The expectation is for crops to come down in September and October, and then be processed for extraction for use in topicals and eventually vape carts. The strain they’re all growing is Sarah’s Secret, a creation of Leblanc’s, and one he says grows well in the Kootenay region checking all the boxes.

“Getting an outdoor licence isn’t as difficult as some people think it is,” says Ross. “The difficult part is how you sell it and where it goes and what it goes into. So this is a regional strategy of how we can create a retail pathway for farmers, whether they’re indoor or outdoor.”

Shannon Ross, Kootneay Futures

Although the plan for this year is to work with another processor to get to market, long-term they plan to be processing in a facility just outside Nelson that is being developed by some of those who had been involved in the Kootenay Community Futures program. 

Shannon Ross, who played a key role in helping many of the Rose Buddies members, and others, get their micro cultivation licences, is also one of the people behind this processing facility, Antidote, which they hope to have licensed in 2022—in time to process for local growers like Rose Buddies. LeBlanc and Rosebud Cannabis Farms is also a 25% owner of Antidote.

“Getting an outdoor licence isn’t as difficult as some people think it is,” says Ross. “The difficult part is how you sell it and where it goes and what it goes into. So this is a regional strategy of how we can create a retail pathway for farmers, whether they’re indoor or outdoor.”

Kalibri Wetsch and James Wood, Green Wynds Farm

“So part of the challenge that people have been facing is not having huge volumes of cannabis to go into one particular product. So what we have found is if we have several outdoor micro cultivators, if they’re all growing different types and batches and there’s no consistency, those are some challenges that a lot of the outdoor growers have had.”

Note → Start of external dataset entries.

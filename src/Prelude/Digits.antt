-- ===== src/Prelude/Digits.antt =====
-- Digit strings, as lists of character codes: what `String(n)` and `BigInt(text)` do on them.
use Prim.Native.Nat.{ℕ, zero, suc, ◌+◌, ◌-◌, ◌*◌, ◌/◌, ◌%◌, ◌<◌}
use mathlib.Core.Path.{◌≡◌, refl, ap, ◌∙◌}
use mathlib.Core.Logic.{inl, inr}
use mathlib.Core.Bool.{Bool, true, ◌&&◌}
use mathlib.Core.List.{List, [], ◌∷◌}
use native.Mathlib.Omega.{arith}
use smpp_js.Prelude.Tests.{ltb, leb, if◌then◌else◌, Bool-cases, ltb→lt, ltb→le}

unfoldable pub is_digit : ℕ → Bool
is_digit c = leb b'0' c && leb c b'9'

-- The number that a string of digits spells, after the number `acc` read before it.
unfoldable pub number_from : (ℕ → ℕ) → ℕ → ℕ → List ℕ → ℕ
number_from value base acc [] = acc
number_from value base acc (c ∷ cs) = number_from value base (acc * base + value c) cs

abbrev pub digit_value : ℕ → ℕ
digit_value c = c - b'0'

unfoldable pub all_of : (ℕ → Bool) → List ℕ → Bool
all_of p [] = true
all_of p (c ∷ cs) = p c && all_of p cs

-- `String(n)`, its last digit first found; `fuel` rounds are enough for a number below it.
unfoldable pub decimal_from : ℕ → ℕ → List ℕ → List ℕ
decimal_from zero n tail = tail
decimal_from (suc fuel) n tail =
    let rest = decimal_from fuel (n / 10) ((b'0' + n % 10) ∷ tail) in
    if ltb n 10 then (b'0' + n) ∷ tail else rest

unfoldable pub decimal : ℕ → List ℕ
unfolding decimal_from
decimal n = decimal_from (suc n) n []

pub number_from-decimal_from :
    (fuel n : ℕ) (tail : List ℕ)
    → n < fuel
    → number_from digit_value 10 0 (decimal_from fuel n tail) ≡ number_from digit_value 10 n tail
unfolding number_from decimal_from
number_from-decimal_from zero n tail h = elim h [ ]
number_from-decimal_from (suc fuel) n tail h = elim (Bool-cases (ltb n 10)) [
  | inl small ↦ rw (small, decimal_from) (ap (λ k. number_from digit_value 10 k tail) (omega arith))
  | inr big ↦
      rw (big, decimal_from)
        (number_from-decimal_from fuel (n / 10) ((b'0' + n % 10) ∷ tail)
            (omega (arith, ltb→le n 10 big))
          ∙ ap (λ k. number_from digit_value 10 k tail) (omega arith))
]

-- Reading back what `String` wrote.
pub number-decimal : (n : ℕ) → number_from digit_value 10 0 (decimal n) ≡ n
unfolding decimal number_from
number-decimal n = number_from-decimal_from (suc n) n [] (omega arith)

is_digit_of_lt : (d : ℕ) → d < 10 → is_digit (b'0' + d) ≡ true
unfolding is_digit
is_digit_of_lt d h = ground arith

all_of-decimal_from :
    (fuel n : ℕ) (tail : List ℕ)
    → n < fuel
    → all_of is_digit tail ≡ true
    → all_of is_digit (decimal_from fuel n tail) ≡ true
unfolding all_of decimal_from
all_of-decimal_from zero n tail h t = elim h [ ]
all_of-decimal_from (suc fuel) n tail h t = elim (Bool-cases (ltb n 10)) [
  | inl small ↦ rw (small, is_digit_of_lt n (ltb→lt n 10 small)) t
  | inr big ↦ rw big (
      all_of-decimal_from fuel (n / 10) ((b'0' + n % 10) ∷ tail) (omega (arith, ltb→le n 10 big))
        (rw (is_digit_of_lt (n % 10) (omega arith)) t))
]

pub all_of-decimal : (n : ℕ) → all_of is_digit (decimal n) ≡ true
unfolding decimal all_of
all_of-decimal n = all_of-decimal_from (suc n) n [] (omega arith) refl

decimal_from_cons :
    (fuel n : ℕ) (tail : List ℕ)
    → n < fuel
    → (c : ℕ) × (cs : List ℕ) × (decimal_from fuel n tail ≡ c ∷ cs)
unfolding decimal_from
decimal_from_cons zero n tail h = elim h [ ]
decimal_from_cons (suc fuel) n tail h = elim (Bool-cases (ltb n 10)) [
  | inl small ↦ (b'0' + n, tail, rw small)
  | inr big ↦
      let (c, cs, e) =
        decimal_from_cons fuel (n / 10) ((b'0' + n % 10) ∷ tail) (omega (arith, ltb→le n 10 big)) in
      (c, cs, rw big e)
]

pub decimal_cons : (n : ℕ) → (c : ℕ) × (cs : List ℕ) × (decimal n ≡ c ∷ cs)
unfolding decimal
decimal_cons n = decimal_from_cons (suc n) n [] (omega arith)
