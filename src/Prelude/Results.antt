-- ===== src/Prelude/Results.antt =====
-- `Result<T>` of src/result.ts: what a function returns early with, or what it is for.
pub data Result {ℓ} (E A : Type ℓ) : Type ℓ where
  err : E → Result E A
  ok : A → Result E A

-- The rest of a function behind `if (x.err) return { err: x.err }`.
infixl 5 ◌>>=◌
abbrev pub ◌>>=◌ {ℓ} : {E A B : Type ℓ} → Result E A → (A → Result E B) → Result E B
early >>= rest = elim early [ err refused ↦ err refused | ok found ↦ rest found ]

-- The same with another wording of the error.
abbrev pub map_err {ℓ} : {E F A : Type ℓ} → (E → F) → Result E A → Result F A
map_err reworded early = elim early [ err refused ↦ err (reworded refused) | ok found ↦ ok found ]
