-- ===== src/Wire.antt =====
-- src/defs/types.ts: the values of parameters and the errors of reading and writing them. A Buffer
-- is the list of its octets, a text the list of its UTF-16 code units.
pub mod Ints
pub mod Texts
pub mod Arrays
pub mod Encodes
mod Tests
use smpp_js.Prelude.{
  ℕ, zero, suc, ◌+◌, Bool, true, false, Option, none, some, List, [], ◌∷◌, ◌++◌, map, length, take,
  drop, ltb, leb, ◌==◌, if◌then◌else◌,
}
use smpp_js.Prelude.Digits.{decimal}
use smpp_js.Prelude.Results.{Result, ok, err}

-- A JavaScript number by what the codec asks of it: the integers from 0 that `String` spells in
-- digits alone (below 10 ^ 21), and by their spelling the other integers (negative, or from
-- 10 ^ 21), the other finite numbers, and NaN and the infinities.
pub data JsNumber : Type 0 where
  whole : ℕ → JsNumber
  other_integer fraction non_finite : List ℕ → JsNumber

pub data DestAddress : Type 0 where
  dl_name : List ℕ → DestAddress
  -- `dest_addr_npi`, `dest_addr_ton`, `destination_addr`
  sme_address : JsNumber → JsNumber → List ℕ → DestAddress

pub record UnsuccessSme : Type 0 where
  pub dest_addr_npi : JsNumber
  pub dest_addr_ton : JsNumber
  pub destination_addr : List ℕ
  pub error_status_code : JsNumber

pub data ParamValue : Type 0 where
  bytes : List ℕ → ParamValue
  addresses : List DestAddress → ParamValue
  smes : List UnsuccessSme → ParamValue
  number : JsNumber → ParamValue
  text : List ℕ → ParamValue

-- The errors, each with what its message is computed from, but for a refused value's own spelling.
pub data WireError : Type 0 where
  -- octets needed, offset, octets there
  out_of_range_of : ℕ → ℕ → ℕ → WireError
  expected_an_integer expected_text expected_finite : WireError
  integer_past : ℕ → WireError
  -- the index of the first character refused
  past_latin1_at nul_at : ℕ → WireError
  starts_past : ℕ → ℕ → WireError
  unterminated : WireError
  too_long_for_length_octet : ℕ → WireError
  expected_addresses expected_smes : WireError
  integer_tlv_octets : ℕ → WireError

abbrev pub Fallible : Type 0 → Type 0
Fallible A = Result WireError A

-- The offset and the count are never negative here.
unfoldable pub out_of_range : List ℕ → ℕ → ℕ → Option WireError
out_of_range buf offset needed =
    if ltb (length buf) (offset + needed)
    then some (out_of_range_of needed offset (length buf))
    else none

-- Octets written into a buffer from an offset on; what does not fit is lost.
abbrev pub poke : ℕ → List ℕ → List ℕ → List ℕ
poke zero [] buf = buf
poke zero (x ∷ xs) [] = []
poke zero (x ∷ xs) (b ∷ bs) = x ∷ poke zero xs bs
poke (suc offset) xs [] = []
poke (suc offset) xs (b ∷ bs) = b ∷ poke offset xs bs

-- `typeof value === 'number' ? value : fallback`
unfoldable pub param_number : Option ParamValue → JsNumber → JsNumber
param_number (some (number n)) fallback = n
param_number _ fallback = fallback

unfoldable pub want_int : ParamValue → ℕ → Fallible ℕ
want_int (number (whole n)) max = if ltb max n then err (integer_past max) else ok n
want_int (number (other_integer _)) max = err (integer_past max)
want_int _ max = err expected_an_integer

-- `text.search(/[\u0100-\uFFFF]/)` and `text.indexOf('\u0000')`
abbrev pub index_of : (ℕ → Bool) → List ℕ → Option ℕ
index_of p [] = none
index_of p (c ∷ cs) =
    let rest = index_of p cs in
    if p c then some 0 else (elim rest [ none ↦ none | some i ↦ some (suc i) ])

abbrev pub is_wide : ℕ → Bool
is_wide c = leb 0x100 c

abbrev pub is_nul : ℕ → Bool
is_nul c = c == 0

unfoldable pub past_latin1 : List ℕ → Fallible (List ℕ)
past_latin1 t = elim (index_of is_wide t) [ none ↦ ok t | some i ↦ err (past_latin1_at i) ]

unfoldable pub want_text : ParamValue → Fallible (List ℕ)
unfolding past_latin1
want_text (text t) = past_latin1 t
want_text (number (whole n)) = past_latin1 (decimal n)
want_text (number (other_integer t)) = past_latin1 t
want_text (number (fraction t)) = past_latin1 t
want_text (number (non_finite _)) = err expected_finite
want_text _ = err expected_text

no_nul : List ℕ → Fallible (List ℕ)
no_nul t = elim (index_of is_nul t) [ none ↦ ok t | some i ↦ err (nul_at i) ]

unfoldable pub want_cstring_text : ParamValue → Fallible (List ℕ)
unfolding want_text no_nul
want_cstring_text value = elim (want_text value) [ err e ↦ err e | ok t ↦ no_nul t ]

unfoldable pub want_bytes : ParamValue → Fallible (List ℕ)
unfolding want_text
want_bytes (bytes b) = ok b
want_bytes value = want_text value

-- An `UnsuccessSme` has the fields that `isDestAddress` asks for; a `DestAddress` has no status.
unfoldable pub want_dest_addresses : ParamValue → Fallible (List DestAddress)
want_dest_addresses (addresses a) = ok a
want_dest_addresses (smes s) =
    ok (map (λ x. sme_address x.dest_addr_npi x.dest_addr_ton x.destination_addr) s)
want_dest_addresses _ = err expected_addresses

unfoldable pub want_unsuccess_smes : ParamValue → Fallible (List UnsuccessSme)
want_unsuccess_smes (smes s) = ok s
want_unsuccess_smes (addresses []) = ok []
want_unsuccess_smes _ = err expected_smes

-- One field on the wire: how many octets it read, what writing it takes, and the buffer written.
pub record WireType : Type 0 where
  pub default : ParamValue
  pub read : List ℕ → ℕ → Option ℕ → Fallible (ℕ × ParamValue)
  pub size : ParamValue → Fallible ℕ
  pub write : ParamValue → List ℕ → ℕ → Fallible (List ℕ)
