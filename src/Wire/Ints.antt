-- ===== src/Wire/Ints.antt =====
-- The integers of src/defs/types.ts, big-endian in 1, 2 or 4 octets.
use smpp_js.Prelude.{
  ℕ, ◌+◌, ◌*◌, ◌/◌, ◌%◌, ◌^◌, Option, none, some, List, [], ◌∷◌, length, drop, ◌==◌, if◌then◌else◌,
}
use smpp_js.Prelude.Results.{ok, err}
use smpp_js.Wire.{
  whole, ParamValue, number, integer_tlv_octets, Fallible, out_of_range, poke, want_int, WireType,
}

pub data Width : Type 0 where
  one two four : Width

unfoldable pub octets_of : Width → ℕ
octets_of one = 1
octets_of two = 2
octets_of four = 4

unfoldable pub max_of : Width → ℕ
max_of one = 0xFF
max_of two = 0xFFFF
max_of four = 0xFFFF_FFFF

-- `readUInt8`, `readUInt16BE` and `readUInt32BE` of the octets at the front.
unfoldable pub read_be : Width → List ℕ → ℕ
read_be one (a ∷ _) = a
read_be two (a ∷ b ∷ _) = a * 256 + b
read_be four (a ∷ b ∷ c ∷ d ∷ _) = a * 2 ^ 24 + b * 2 ^ 16 + c * 2 ^ 8 + d
read_be _ _ = 0

-- `writeUInt8`, `writeUInt16BE` and `writeUInt32BE` of a number in range.
unfoldable pub write_be : Width → ℕ → List ℕ
write_be one n = n ∷ []
write_be two n = (n / 256) ∷ (n % 256) ∷ []
write_be four n = (n / 2 ^ 24) ∷ (n / 2 ^ 16 % 256) ∷ (n / 2 ^ 8 % 256) ∷ (n % 256) ∷ []

unfoldable pub int_read : Width → List ℕ → ℕ → Fallible (ℕ × ParamValue)
unfolding octets_of read_be out_of_range
int_read w buf offset = elim (out_of_range buf offset (octets_of w)) [
  | some e ↦ err e
  | none ↦ ok (octets_of w, number (whole (read_be w (drop offset buf))))
]

unfoldable pub int_write : Width → ParamValue → List ℕ → ℕ → Fallible (List ℕ)
unfolding octets_of max_of write_be out_of_range want_int
int_write w value buf offset = elim (out_of_range buf offset (octets_of w)) [
  | some e ↦ err e
  | none ↦ elim (want_int value (max_of w)) [
    | err e ↦ err e
    | ok int ↦ ok (poke offset (write_be w int) buf)
  ]
]

unfoldable pub int_type : Width → WireType
int_type w = record {
  default = number (whole 0);
  read = λ buf offset _. int_read w buf offset;
  size = λ _. ok (octets_of w);
  write = int_write w;
}

-- The width of an integer TLV is the one that its header declares.
abbrev width_of : ℕ → Option Width
width_of n =
    if n == 1 then some one else if n == 2 then some two else if n == 4 then some four else none

unfoldable pub tlv_int_read : Width → List ℕ → ℕ → Option ℕ → Fallible (ℕ × ParamValue)
unfolding int_read
tlv_int_read w buf offset none = int_read w buf offset
tlv_int_read w buf offset (some length) = elim (width_of length) [
  | none ↦ err (integer_tlv_octets length)
  | some declared ↦ int_read declared buf offset
]

unfoldable pub tlv_int : Width → WireType
tlv_int w = record {
  default = number (whole 0);
  read = tlv_int_read w;
  size = λ _. ok (octets_of w);
  write = int_write w;
}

The intense local focus of the Community Futures Program helped birth the Rose Buddies program, she says. 

“There’s a lot of collaboration that just started to happen naturally, and Rose Buddies kind of naturally grew out of that,” she says. “Having a community of people to ask questions and help each other out and recognizing the challenges that a lot of the outdoor growers have in getting to market. Because it’s one thing to grow cannabis, it’s another to get it to market.” 

“Somehow we all just started meeting every week and it just made sense to all learn from each other and support each other, and also find a way into the market. It’s pretty tough for an outdoor micro to enter the market.”

Kalibri Wetsch, Green Wynds

Kalibri Wetsch at Green Wynds in Crawford Bay, another outdoor micro taking part in the Rose Buddies program, echoes that feeling of community collaboration. She and her partner James Wood have been gardening on their plot of land for over a decade and met Leblanc last year through mutual friends and the Community Futures program. 

“I had been to Che’s farm to help with harvest last year and then I learned about Rose Buddies through the Community Futures program and it all came together,” she says. “Somehow we all just started meeting every week and it just made sense to all learn from each other and support each other, and also find a way into the market. It’s pretty tough for an outdoor micro to enter the market.”